A blog reader forwarded an email to me that he had received from a brokerage firm. The email contained a chart showing that spikes in oil prices always were followed by a recession. Here’s the chart:
It’s true, that every recession has been preceded by a spike in oil prices. Yet, I think that the chart is somewhat misleading. If you look at the second chart (below), you’ll see that each recession was also preceded by the Fed raising interest rates. The Fed was trying to curb inflation and slow the economy.
So, the question that you have to ask is whether higher oil prices are going to result in inflation and result in the Fed tightening monetary policy. If you believe this will happen, then it makes sense to believe that higher oil prices will lead to a recession. Personally, I don’t believe this is what will happen.
Here’s the “higher oil prices will lead to a recession” argument:
- Oil prices could go even higher if the unrest in Egypt and Libya expands to major oil producers like Saudi Arabia and Iran. (Saudi Arabia showed signs of fear last week when they announced $22 billion of giveaways to their people — clearly trying to prevent any unrest. At the same time, the markets were spooked by Iranian warships in the Suez Canal.)
- High oil prices can work their way through the economy because all goods have to be transported (and energy is also an important cost of manufacturing).
- Higher oil prices are like a tax (that doesn’t reduce our deficit) — if consumers spend money on gas, it reduces their spending on other goods. With imported oil, we are spending money and our GDP is not growing.
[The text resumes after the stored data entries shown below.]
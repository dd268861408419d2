-- ===== src/Storage/SlottedPage/Links.antt =====
-- src/storage/slotted_page.cpp: the links of the chain of pages, and what is told of the slots.
pub mod Laws
use mo_db.Prelude.{
  ℕ, zero, suc, ◌+◌, ◌%◌, ◌^◌, Option, none, some, List, [], ◌∷◌, ◌==◌, if◌then◌else◌,
}
use mo_db.Error.{Result, ok, err, invalid_argument}
use mo_db.Storage.SlottedPage.{
  Page, write_u64, read_u64, next_page_offset, previous_page_offset, record_offset, record_size,
  record_capacity, slot_generation, slot_count,
}

-- Zero stands for no page.
abbrev pub page_of : ℕ → Option ℕ
page_of value = if value == 0 then none else some value

unfoldable pub next_page : Page → Option ℕ
next_page page = page_of (read_u64 page next_page_offset)

unfoldable pub previous_page : Page → Option ℕ
previous_page page = page_of (read_u64 page previous_page_offset)

unfoldable pub set_next_page : Option ℕ → Page → Result Page
unfolding write_u64
set_next_page none page = ok (write_u64 next_page_offset 0 page)
set_next_page (some value) page =
    if value == 0 then err invalid_argument else ok (write_u64 next_page_offset value page)

unfoldable pub set_previous_page : Option ℕ → Page → Result Page
unfolding write_u64
set_previous_page none page = ok (write_u64 previous_page_offset 0 page)
set_previous_page (some value) page =
    if value == 0 then err invalid_argument else ok (write_u64 previous_page_offset value page)

-- The loop of `record_count` over the first `n` slots.
unfoldable pub count_records : ℕ → Page → ℕ
count_records zero page = 0
count_records (suc n) page =
    let before = count_records n page in
    if record_size page n == 0 then before else (before + 1) % 2 ^ 16

unfoldable pub record_count : Page → ℕ
unfolding count_records
record_count page = count_records (slot_count page) page

pub record SlotInfo : Type 0 where
  pub id : ℕ
  pub offset : ℕ
  pub size : ℕ
  pub capacity : ℕ
  pub generation : ℕ

abbrev pub slot_info : Page → ℕ → SlotInfo
slot_info page slot = record {
  id = slot;
  offset = record_offset page slot;
  size = record_size page slot;
  capacity = record_capacity page slot;
  generation = slot_generation page slot;
}

-- The loop of `slots` over `n` slots from `slot` on.
unfoldable pub slots_from : Page → ℕ → ℕ → List SlotInfo
slots_from page zero slot = []
slots_from page (suc n) slot = slot_info page slot ∷ slots_from page n (slot + 1)

unfoldable pub slots : Page → List SlotInfo
unfolding slots_from
slots page = slots_from page (slot_count page) 0
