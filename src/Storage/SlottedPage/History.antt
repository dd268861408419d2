-- ===== src/Storage/SlottedPage/History.antt =====
-- Sequences of operations on a page. One that fails leaves the page as it was.
pub mod Steps
pub mod Laws
use mo_db.Prelude.{ℕ, Option, List, [], ◌∷◌}
use mo_db.Error.{Result, ok, err}
use mo_db.Storage.SlottedPage.{Page, insert, update, erase}
use mo_db.Storage.SlottedPage.Links.{set_next_page, set_previous_page}

pub data Op : Type 0 where
  insert_record : List ℕ → Op
  update_record : ℕ → List ℕ → Op
  erase_record : ℕ → Op
  link_next : Option ℕ → Op
  link_previous : Option ℕ → Op

abbrev pub or_same : Page → Result Page → Page
or_same page (ok page') = page'
or_same page (err e) = page

abbrev pub inserted : Page → Result (ℕ × Page) → Page
inserted page (ok (slot, page')) = page'
inserted page (err e) = page

unfoldable pub perform : Op → Page → Page
unfolding insert update erase set_next_page set_previous_page
perform (insert_record bytes) page = inserted page (insert bytes page)
perform (update_record slot bytes) page = or_same page (update slot bytes page)
perform (erase_record slot) page = or_same page (erase slot page)
perform (link_next next) page = or_same page (set_next_page next page)
perform (link_previous previous) page = or_same page (set_previous_page previous page)

unfoldable pub perform_all : List Op → Page → Page
unfolding perform
perform_all [] page = page
perform_all (op ∷ ops) page = perform_all ops (perform op page)
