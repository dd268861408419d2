-- ===== src/Storage/SlottedPage/Validate.antt =====
-- src/storage/slotted_page.cpp: `validate_page`, `create` and `from_page`.
pub mod Ranges
pub mod Checked
pub mod Accepted
use mo_db.Prelude.{
  ℕ, zero, suc, ◌+◌, ◌*◌, ◌%◌, ◌^◌, Bool, true, false, not, ◌&&◌, ◌||◌, Option, none, some, List,
  [], ◌∷◌, ltb, leb, ◌==◌, if◌then◌else◌,
}
use mo_db.Error.{
  Result, ok, err, ◌>>=◌, ◌>>◌, invalid_page_format, incompatible_page_version, corrupt_page,
}
use mo_db.Storage.SlottedPage.{
  Page, page_size, header_size, slot_size, slot_count_offset, free_start_offset, free_end_offset,
  next_page_offset, previous_page_offset, subspan, copy, write_u16, write_u64, record_offset,
  record_size, record_capacity, slot_generation, slot_count, free_start, free_end, sub_size,
}

abbrev pub magic : List ℕ
magic = 83 ∷ 76 ∷ 80 ∷ 71 ∷ []

abbrev pub format_version : ℕ
format_version = 4

-- A pair of an offset and an end.
abbrev pub Range : Type 0
Range = ℕ × ℕ

-- `std::equal` of some bytes and those of the page from an offset on.
unfoldable pub holds_at : List ℕ → Page → ℕ → Bool
holds_at [] page offset = true
holds_at (b ∷ bs) page offset = (page offset == b) && holds_at bs page (offset + 1)

unfoldable pub check_format : Page → Result (Unit {0})
unfolding holds_at
check_format page =
    if not (holds_at magic page 0)
    then err invalid_page_format
    else if not (page 4 == format_version) && not (page 4 == 3)
    then err incompatible_page_version
    else ok tt

unfoldable pub check_bounds : Page → Result (Unit {0})
check_bounds page =
    let expected_free_start = header_size + slot_count page * slot_size in
    if ltb page_size expected_free_start || not (free_start page == expected_free_start)
    then err corrupt_page
    else if ltb (free_end page) (free_start page) || ltb page_size (free_end page)
    then err corrupt_page
    else ok tt

-- A round of the loop over the slots: the range that it adds, if any.
unfoldable pub slot_range : Page → ℕ → Result (Option Range)
slot_range page slot =
    let offset = record_offset page slot in
    let size = record_size page slot in
    let capacity = record_capacity page slot in
    if slot_generation page slot == 0
    then err corrupt_page
    else if size == 0
    then if not (offset == 0) || not (capacity == 0) then err corrupt_page else ok none
    else if ltb capacity size
    then err corrupt_page
    else if ltb offset (free_end page)
        || ltb page_size offset
        || ltb (sub_size page_size offset) capacity
    then err corrupt_page
    else ok (some (offset, offset + capacity))

-- What a round gives, and the ranges of the rounds after it.
abbrev pub add_range : Result (Option Range) → Result (List Range) → Result (List Range)
add_range (err e) rest = err e
add_range (ok none) rest = rest
add_range (ok (some range)) (err e) = err e
add_range (ok (some range)) (ok ranges) = ok (range ∷ ranges)

-- The loop over `n` slots from `slot` on.
unfoldable pub slot_ranges : Page → ℕ → ℕ → Result (List Range)
unfolding slot_range
slot_ranges page zero slot = ok []
slot_ranges page (suc n) slot = add_range (slot_range page slot) (slot_ranges page n (slot + 1))

-- `operator<` of pairs.
abbrev pub range_less : Range → Range → Bool
range_less (a, b) (c, d) = ltb a c || ((a == c) && ltb b d)

unfoldable pub insert_range : Range → List Range → List Range
insert_range r [] = r ∷ []
insert_range r (s ∷ ss) =
    let rest = insert_range r ss in if range_less s r then s ∷ rest else r ∷ s ∷ ss

-- `std::sort` of the ranges.
unfoldable pub sort : List Range → List Range
unfolding insert_range
sort [] = []
sort (r ∷ rs) = insert_range r (sort rs)

-- The test of neighbours.
unfoldable pub overlap : List Range → Bool
overlap [] = false
overlap (r ∷ []) = false
overlap (r ∷ s ∷ ss) = ltb s.0 r.1 || overlap (s ∷ ss)

unfoldable pub check_ranges : List Range → Result (Unit {0})
unfolding sort overlap
check_ranges ranges = if overlap (sort ranges) then err corrupt_page else ok tt

unfoldable pub validate_page : Page → Result (Unit {0})
unfolding check_format check_bounds slot_ranges check_ranges
validate_page page =
    check_format page
    >> check_bounds page
    >> (slot_ranges page (slot_count page) 0 >>= check_ranges)

unfoldable pub from_page : Page → Result Page
unfolding validate_page
from_page page = validate_page page >> ok page

-- `SlottedPage::create` on the page of zeros.
unfoldable pub create : Page
unfolding write_u16 write_u64
create = write_u64 previous_page_offset 0 (
    write_u64 next_page_offset 0 (
      write_u16 free_end_offset (page_size % 2 ^ 16) (
        write_u16 free_start_offset (header_size % 2 ^ 16)
          (write_u16 slot_count_offset 0 (copy (format_version ∷ []) 4 (copy magic 0 (λ i. 0)))))))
Ultimately, I think you have to ask yourself whether you believe the chaos will spread to Saudi Arabia and (if it does) whether the Fed will believe that higher interest rates are the right reaction to higher oil prices. My guess (and that’s all it is) is that the current run-up in oil prices will not lead to a recession. But, I’m really watching to see if the Saudis will have the guts to rise up against their government.